Each line from the material with the word "then" in it must be copied.

● ● ● ● ●

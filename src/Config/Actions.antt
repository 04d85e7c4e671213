-- ===== src/Config/Actions.antt =====
-- crates/buran-config/src/validate.rs, validate_action: which actions are accepted.
use buran.Prelude.{
  is_some, between, ℕ, ◌+◌, Bool, true, false, not, ◌&&◌, ◌||◌, Option, none, some, List, [], ◌∷◌,
  ◌==◌, if◌then◌else◌, Bytes, any, all, ◌≡◌, refl, Bool-cases, inl, inr, ==_iff, arith,
}
use buran.Config.{
  Dict, contains_key, count, ApplicationRef, Application, Share, Terminal, Action, RouteStep,
  Checked, passed, invalid, require, ◌>>=◌, require-true, bind-passed, is_enabled, named, inline,
  full, last, falling_back, not_one_terminal, unknown_application, unknown_route, code_out_of_range,
  location_without_redirect, location_without_return, control_in_header, many_paths,
  fallback_without_share, sources_exposed,
}

abbrev pub count_if : Bool → ℕ
count_if b = if b then 1 else 0

unfoldable pub terminals : Terminal → ℕ
terminals t =
    count_if (is_some t.application)
    + (count_if (is_some t.route) + (count_if (is_some t.share) + count_if (is_some t.return_code)))

-- An application that is named stands among the applications.
abbrev pub knows_application : Dict Application → Option ApplicationRef → Bool
knows_application apps (some (named name)) = contains_key name apps
knows_application apps (some (inline app)) = true
knows_application apps none = true

abbrev pub knows_route : Dict (List RouteStep) → Option Bytes → Bool
knows_route routes (some name) = contains_key name routes
knows_route routes none = true

unfoldable pub check_return : Option ℕ → Option Bytes → Checked Unit
check_return (some code) location =
    if between 100 599 code
    then require (not (is_some location) || between 300 399 code) location_without_redirect
    else invalid code_out_of_range
check_return none location = require (not (is_some location)) location_without_return

abbrev pub splits_header : ℕ → Bool
splits_header b = b == 13 || (b == 10 || b == 0)

abbrev pub is_header_text : Bytes → Bool
is_header_text value = not (any splits_header value)

abbrev pub is_header_value : Option Bytes → Bool
is_header_value (some value) = is_header_text value
is_header_value none = true

unfoldable pub reject_header_control : Bytes → Checked Unit
reject_header_control value = require (is_header_text value) control_in_header

unfoldable pub check_headers : Dict (Option Bytes) → Checked Unit
unfolding reject_header_control
check_headers [] = passed tt
check_headers ((name, value) ∷ headers) = do
  seen ← reject_header_control name
  also ← require (is_header_value value) control_in_header
  check_headers headers

abbrev check_response_headers : Option (Dict (Option Bytes)) → Checked Unit
check_response_headers (some headers) = check_headers headers
check_response_headers none = passed tt

abbrev pub has_one_path : Option Share → Bool
has_one_path (some (full opts)) = count opts.share == 1
has_one_path _ = true

abbrev pub serves_sources : Option Share → Bool
serves_sources (some (full opts)) = is_enabled opts.serve_sources
serves_sources _ = false

unfoldable pub action_reaches_application : Action → Bool
action_reaches_application (last t) = is_some t.application
action_reaches_application (falling_back t fallback) =
    is_some t.application || action_reaches_application fallback

-- The fallback of an action, as far as its checks read it: whether it reaches an application.
abbrev pub reaches : Option Bool → Bool
reaches (some b) = b
reaches none = false

unfoldable pub check_terminal :
    Terminal → Option Bool → Dict (List RouteStep) → Dict Application → Checked Unit
unfolding terminals check_return check_headers count is_enabled contains_key
check_terminal t fallback routes apps = do
  single ← require (terminals t == 1) not_one_terminal
  application ← require (knows_application apps t.application) unknown_application
  route ← require (knows_route routes t.route) unknown_route
  code ← check_return t.return_code t.location
  location ← require (is_header_value t.location) control_in_header
  headers ← check_response_headers t.response_headers
  paths ← require (has_one_path t.share) many_paths
  shared ← require (not (is_some fallback) || is_some t.share) fallback_without_share
  require (not (serves_sources t.share && reaches fallback)) sources_exposed

unfoldable pub validate_action : Action → Dict (List RouteStep) → Dict Application → Checked Unit
unfolding check_terminal action_reaches_application
validate_action (last t) routes apps = check_terminal t none routes apps
validate_action (falling_back t fallback) routes apps = do
  own ← check_terminal t (some (action_reaches_application fallback)) routes apps
  validate_action fallback routes apps

-- A code that can be a status, with a `location` only for a redirect.
abbrev pub is_legal_return : Option ℕ → Option Bytes → Bool
is_legal_return (some code) location =
    between 100 599 code && (not (is_some location) || between 300 399 code)
is_legal_return none location = not (is_some location)

abbrev pub are_header_lines : Option (Dict (Option Bytes)) → Bool
are_header_lines none = true
are_header_lines (some headers) = all (λ h. is_header_text h.0 && is_header_value h.1) headers

-- What an accepted action has, apart from its fallback.
pub record IsSoundTerminal (t : Terminal) (fallback : Option Bool) (routes : Dict (List RouteStep))
    (apps : Dict Application) : Type 0 where
  pub single : terminals t ≡ 1
  pub application : knows_application apps t.application ≡ true
  pub route : knows_route routes t.route ≡ true
  pub code : is_legal_return t.return_code t.location ≡ true
  pub location : is_header_value t.location ≡ true
  pub headers : are_header_lines t.response_headers ≡ true
  pub paths : has_one_path t.share ≡ true
  pub shared : (not (is_some fallback) || is_some t.share) ≡ true
  pub sources : (serves_sources t.share && reaches fallback) ≡ false

-- The fallback is sound in its turn.
abbrev pub IsSound : Action → Dict (List RouteStep) → Dict Application → Type 0
IsSound (last t) routes apps = IsSoundTerminal t none routes apps
IsSound (falling_back t fallback) routes apps =
    IsSoundTerminal t (some (action_reaches_application fallback)) routes apps
    × IsSound fallback routes apps

check_return-legal :
    (o : Option ℕ) (location : Option Bytes) (u : Unit)
    → check_return o location ≡ passed u
    → is_legal_return o location ≡ true
unfolding check_return
check_return-legal none location u e = require-true _ _ u e
check_return-legal (some code) location u e = elim (Bool-cases (between 100 599 code)) [
  | inl ok ↦ let e' = rw ok at e in rw ok (require-true _ _ u e')
  | inr bad ↦ cc (rw bad at e)
]

check_headers-lines :
    (headers : Dict (Option Bytes)) (u : Unit)
    → check_headers headers ≡ passed u
    → all (λ h. is_header_text h.0 && is_header_value h.1) headers ≡ true
unfolding check_headers reject_header_control
check_headers-lines [] u e = refl
check_headers-lines ((name, value) ∷ headers) u e =
    let (u₁, (a, e₁)) = bind-passed _ _ u e in
    let (u₂, (b, e₂)) = bind-passed _ _ u e₁ in
    let name_ok = require-true _ (is_header_text name) u₁ a in
    let value_ok = require-true _ (is_header_value value) u₂ b in
    rw (name_ok, value_ok, check_headers-lines headers u e₂) refl

check_response_headers-lines :
    (headers : Option (Dict (Option Bytes))) (u : Unit)
    → check_response_headers headers ≡ passed u
    → are_header_lines headers ≡ true
check_response_headers-lines none u e = refl
check_response_headers-lines (some headers) u e = check_headers-lines headers u e

pub check_terminal-IsSound :
    (t : Terminal) (fallback : Option Bool) (routes : Dict (List RouteStep))
    (apps : Dict Application) (u : Unit)
    → check_terminal t fallback routes apps ≡ passed u
    → IsSoundTerminal t fallback routes apps
unfolding check_terminal
check_terminal-IsSound t fallback routes apps u e =
    let (u₁, (single, e₁)) = bind-passed _ _ u e in
    let (u₂, (application, e₂)) = bind-passed _ _ u e₁ in
    let (u₃, (route, e₃)) = bind-passed _ _ u e₂ in
    let (u₄, (code, e₄)) = bind-passed _ _ u e₃ in
    let (u₅, (location, e₅)) = bind-passed _ _ u e₄ in
    let (u₆, (headers, e₆)) = bind-passed _ _ u e₅ in
    let (u₇, (paths, e₇)) = bind-passed _ _ u e₆ in
    let (u₈, (shared, sources)) = bind-passed _ _ u e₇ in
    record {
      single = (==_iff (terminals t) 1).0 (require-true _ _ u₁ single);
      application = require-true _ _ u₂ application;
      route = require-true _ _ u₃ route;
      code = check_return-legal t.return_code t.location u₄ code;
      location = require-true _ _ u₅ location;
      headers = check_response_headers-lines t.response_headers u₆ headers;
      paths = require-true _ _ u₇ paths;
      shared = require-true _ _ u₈ shared;
      sources = ground (arith, require-true _ _ u sources);
    }

pub validate_action-IsSound :
    (action : Action) (routes : Dict (List RouteStep)) (apps : Dict Application) (u : Unit)
    → validate_action action routes apps ≡ passed u
    → IsSound action routes apps
unfolding validate_action
validate_action-IsSound (last t) routes apps u e = check_terminal-IsSound t none routes apps u e
validate_action-IsSound (falling_back t fallback) routes apps u e =
    let (own, (a, rest)) = bind-passed _ _ u e in
    (
      check_terminal-IsSound t (some (action_reaches_application fallback)) routes apps own a,
      validate_action-IsSound fallback routes apps u rest,
    )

● ● ● ● ●

EXERCISE OUTPUT:
  ◌==◌, if◌then◌else◌, Bytes, any, all, ◌≡◌, refl, Bool-cases, inl, inr, ==_iff, arith,
count_if b = if b then 1 else 0
    then require (not (is_some location) || between 300 399 code) location_without_redirect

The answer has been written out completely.